Each line that includes the word "true" should be copied from the records.

-- The records follows --

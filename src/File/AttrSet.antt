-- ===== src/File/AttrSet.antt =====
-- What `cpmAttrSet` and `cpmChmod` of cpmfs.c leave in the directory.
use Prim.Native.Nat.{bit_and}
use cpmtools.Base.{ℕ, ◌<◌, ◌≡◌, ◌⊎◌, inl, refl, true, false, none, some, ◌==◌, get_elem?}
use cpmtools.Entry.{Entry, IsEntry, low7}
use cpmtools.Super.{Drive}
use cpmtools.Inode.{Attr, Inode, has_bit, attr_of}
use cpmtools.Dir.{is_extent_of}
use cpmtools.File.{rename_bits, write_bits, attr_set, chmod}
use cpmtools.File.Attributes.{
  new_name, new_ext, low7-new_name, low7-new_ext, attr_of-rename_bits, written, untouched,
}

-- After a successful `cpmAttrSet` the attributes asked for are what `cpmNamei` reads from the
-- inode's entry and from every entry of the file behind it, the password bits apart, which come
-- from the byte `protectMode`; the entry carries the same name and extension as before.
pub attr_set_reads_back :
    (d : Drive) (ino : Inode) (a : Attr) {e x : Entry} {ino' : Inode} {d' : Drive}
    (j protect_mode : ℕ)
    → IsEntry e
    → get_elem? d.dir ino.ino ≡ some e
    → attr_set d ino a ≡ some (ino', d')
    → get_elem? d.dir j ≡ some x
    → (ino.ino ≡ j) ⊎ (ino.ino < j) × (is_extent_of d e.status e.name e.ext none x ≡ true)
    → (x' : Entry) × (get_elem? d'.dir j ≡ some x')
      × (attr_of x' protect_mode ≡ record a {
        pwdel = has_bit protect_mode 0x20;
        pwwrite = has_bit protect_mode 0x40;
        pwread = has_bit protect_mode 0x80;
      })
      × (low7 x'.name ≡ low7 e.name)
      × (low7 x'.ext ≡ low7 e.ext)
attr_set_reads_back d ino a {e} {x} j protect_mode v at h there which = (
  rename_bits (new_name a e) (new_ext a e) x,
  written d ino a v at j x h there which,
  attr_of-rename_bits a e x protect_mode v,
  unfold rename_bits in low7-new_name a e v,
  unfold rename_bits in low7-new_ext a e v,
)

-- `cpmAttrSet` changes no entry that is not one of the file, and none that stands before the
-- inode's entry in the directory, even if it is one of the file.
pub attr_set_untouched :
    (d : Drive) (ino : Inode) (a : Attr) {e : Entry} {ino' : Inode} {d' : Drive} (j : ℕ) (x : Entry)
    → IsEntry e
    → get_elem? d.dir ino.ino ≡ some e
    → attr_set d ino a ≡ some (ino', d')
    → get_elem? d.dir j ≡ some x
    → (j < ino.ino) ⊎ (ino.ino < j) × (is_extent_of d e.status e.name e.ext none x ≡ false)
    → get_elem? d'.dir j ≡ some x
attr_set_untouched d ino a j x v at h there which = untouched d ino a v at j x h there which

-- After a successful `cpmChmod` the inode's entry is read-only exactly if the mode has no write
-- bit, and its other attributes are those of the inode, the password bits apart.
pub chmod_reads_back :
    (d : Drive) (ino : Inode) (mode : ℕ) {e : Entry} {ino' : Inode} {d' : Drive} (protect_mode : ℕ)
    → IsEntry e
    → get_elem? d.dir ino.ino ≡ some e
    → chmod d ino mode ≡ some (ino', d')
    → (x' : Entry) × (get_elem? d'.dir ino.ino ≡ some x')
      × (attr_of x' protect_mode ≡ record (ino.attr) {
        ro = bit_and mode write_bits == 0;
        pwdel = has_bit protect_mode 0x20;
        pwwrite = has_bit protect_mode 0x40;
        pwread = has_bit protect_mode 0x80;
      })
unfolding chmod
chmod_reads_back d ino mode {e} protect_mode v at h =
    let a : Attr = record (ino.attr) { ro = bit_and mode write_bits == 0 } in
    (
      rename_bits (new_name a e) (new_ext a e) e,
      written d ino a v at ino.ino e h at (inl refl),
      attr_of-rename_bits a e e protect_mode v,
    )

-- The records concluded --

# [Exercise result]
use cpmtools.Base.{ℕ, ◌<◌, ◌≡◌, ◌⊎◌, inl, refl, true, false, none, some, ◌==◌, get_elem?}
    → (ino.ino ≡ j) ⊎ (ino.ino < j) × (is_extent_of d e.status e.name e.ext none x ≡ true)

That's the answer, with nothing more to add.